What is required – Transcribe exactly the lines that fall between the one holding "pub record Writer (W : Type 0) : Type 0 where" and the one holding "err := m(); err", inclusive, from the entries below.
***** Data for this task
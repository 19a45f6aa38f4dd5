-- ===== src/Io.antt =====
-- What the library uses of Go's package io: `io.Writer`, `io.StringWriter`, `io.Reader` as
-- `io.ReadFull` sees it, and the ways in which a call ends.
use xdr.Prelude.{ℕ, Option, none, some, List, [], ◌∷◌, ◌++◌, leb, if◌then◌else◌, length, take, drop}
use xdr.Errors.{IoError, eof, unexpected_eof, Err, io_error}

-- A call that does not return: a Go panic, an access to memory at a type that it does not hold, a
-- wait that nobody ends, or a model's fuel used up.
pub data Abort : Type 0 where
  panic wild_access blocked out_of_fuel : Abort

-- An `io.Writer` is a parameter of the library: `W` is its state, and `Write` returns its error
-- and the new state. A writer that is also an `io.StringWriter` has `write_string`.
pub record Writer (W : Type 0) : Type 0 where
  pub write : List ℕ → W → Option Err × W
  pub write_string : Option (List ℕ → W → Option Err × W)

-- The result of a Go function that writes and returns an `error`.
pub data Written (W : Type 0) : Type 0 where
  done : W → Written W
  failed : Err → W → Written W
  aborted : Abort → Written W

abbrev pub Encode : Type 0 → Type 0
Encode W = W → Written W

abbrev pub returning : {W : Type 0} → Option Err × W → Written W
returning (none, w) = done w
returning (some e, w) = failed e w

-- `if err := m(); err != nil { return err }; return n()`
infixl 5 ◌>>◌
abbrev pub then_write : {W : Type 0} → Encode W → Written W → Written W
then_write n (done w) = n w
then_write n (failed e w) = failed e w
then_write n (aborted a) = aborted a

abbrev pub ◌>>◌ : {W : Type 0} → Encode W → Encode W → Encode W
(m >> n) w = then_write n (m w)

-- An `io.Reader`, as far as `io.ReadFull` can tell: the bytes that it still delivers, and the
-- error with which it then ends.
pub record Reader : Type 0 where
  pub pending : List ℕ
  pub fault : IoError

-- `io.ReadFull` on a reader that ends before the buffer is full.
abbrev short_read : IoError → List ℕ → IoError
short_read eof [] = eof
short_read eof (b ∷ bs) = unexpected_eof
short_read e bs = e

-- The buffer after the call, the number of bytes read, the error and the reader.
pub record Filled : Type 0 where
  pub buf : List ℕ
  pub count : ℕ
  pub error : Option Err
  pub reader : Reader

-- `io.ReadFull(r, buf)`
unfoldable pub read_full : Reader → List ℕ → Filled
read_full r buf =
    let n = length buf in
    let got = length r.pending in
    if leb n got
    then record {
      buf = take n r.pending;
      count = n;
      error = none;
      reader = record r { pending = drop n r.pending };
    }
    else record {
      buf = r.pending ++ drop got buf;
      count = got;
      error = some (io_error (short_read r.fault r.pending));
      reader = record r { pending = [] };
    }

-- The result of a Go function that reads and returns a value and an `error`: the value comes with
-- an error too.
pub data Decoded {ℓ} (A : Type ℓ) : Type ℓ where
  got : A → Option Err → Reader → Decoded A
  aborted : Abort → Decoded A

abbrev pub Decode {ℓ} : Type ℓ → Type ℓ
Decode A = Reader → Decoded A

-- `return f(value), err`
abbrev pub map_decoded {ℓ κ} : {A : Type ℓ} {B : Type κ} → (A → B) → Decoded A → Decoded B
map_decoded f (got a e r) = got (f a) e r
map_decoded f (aborted x) = aborted x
**********
Response –
pub record Writer (W : Type 0) : Type 0 where
  pub write : List ℕ → W → Option Err × W
  pub write_string : Option (List ℕ → W → Option Err × W)

-- The result of a Go function that writes and returns an `error`.
pub data Written (W : Type 0) : Type 0 where
  done : W → Written W
  failed : Err → W → Written W
  aborted : Abort → Written W

abbrev pub Encode : Type 0 → Type 0
Encode W = W → Written W

abbrev pub returning : {W : Type 0} → Option Err × W → Written W
returning (none, w) = done w
returning (some e, w) = failed e w

-- `if err := m(); err != nil { return err }; return n()`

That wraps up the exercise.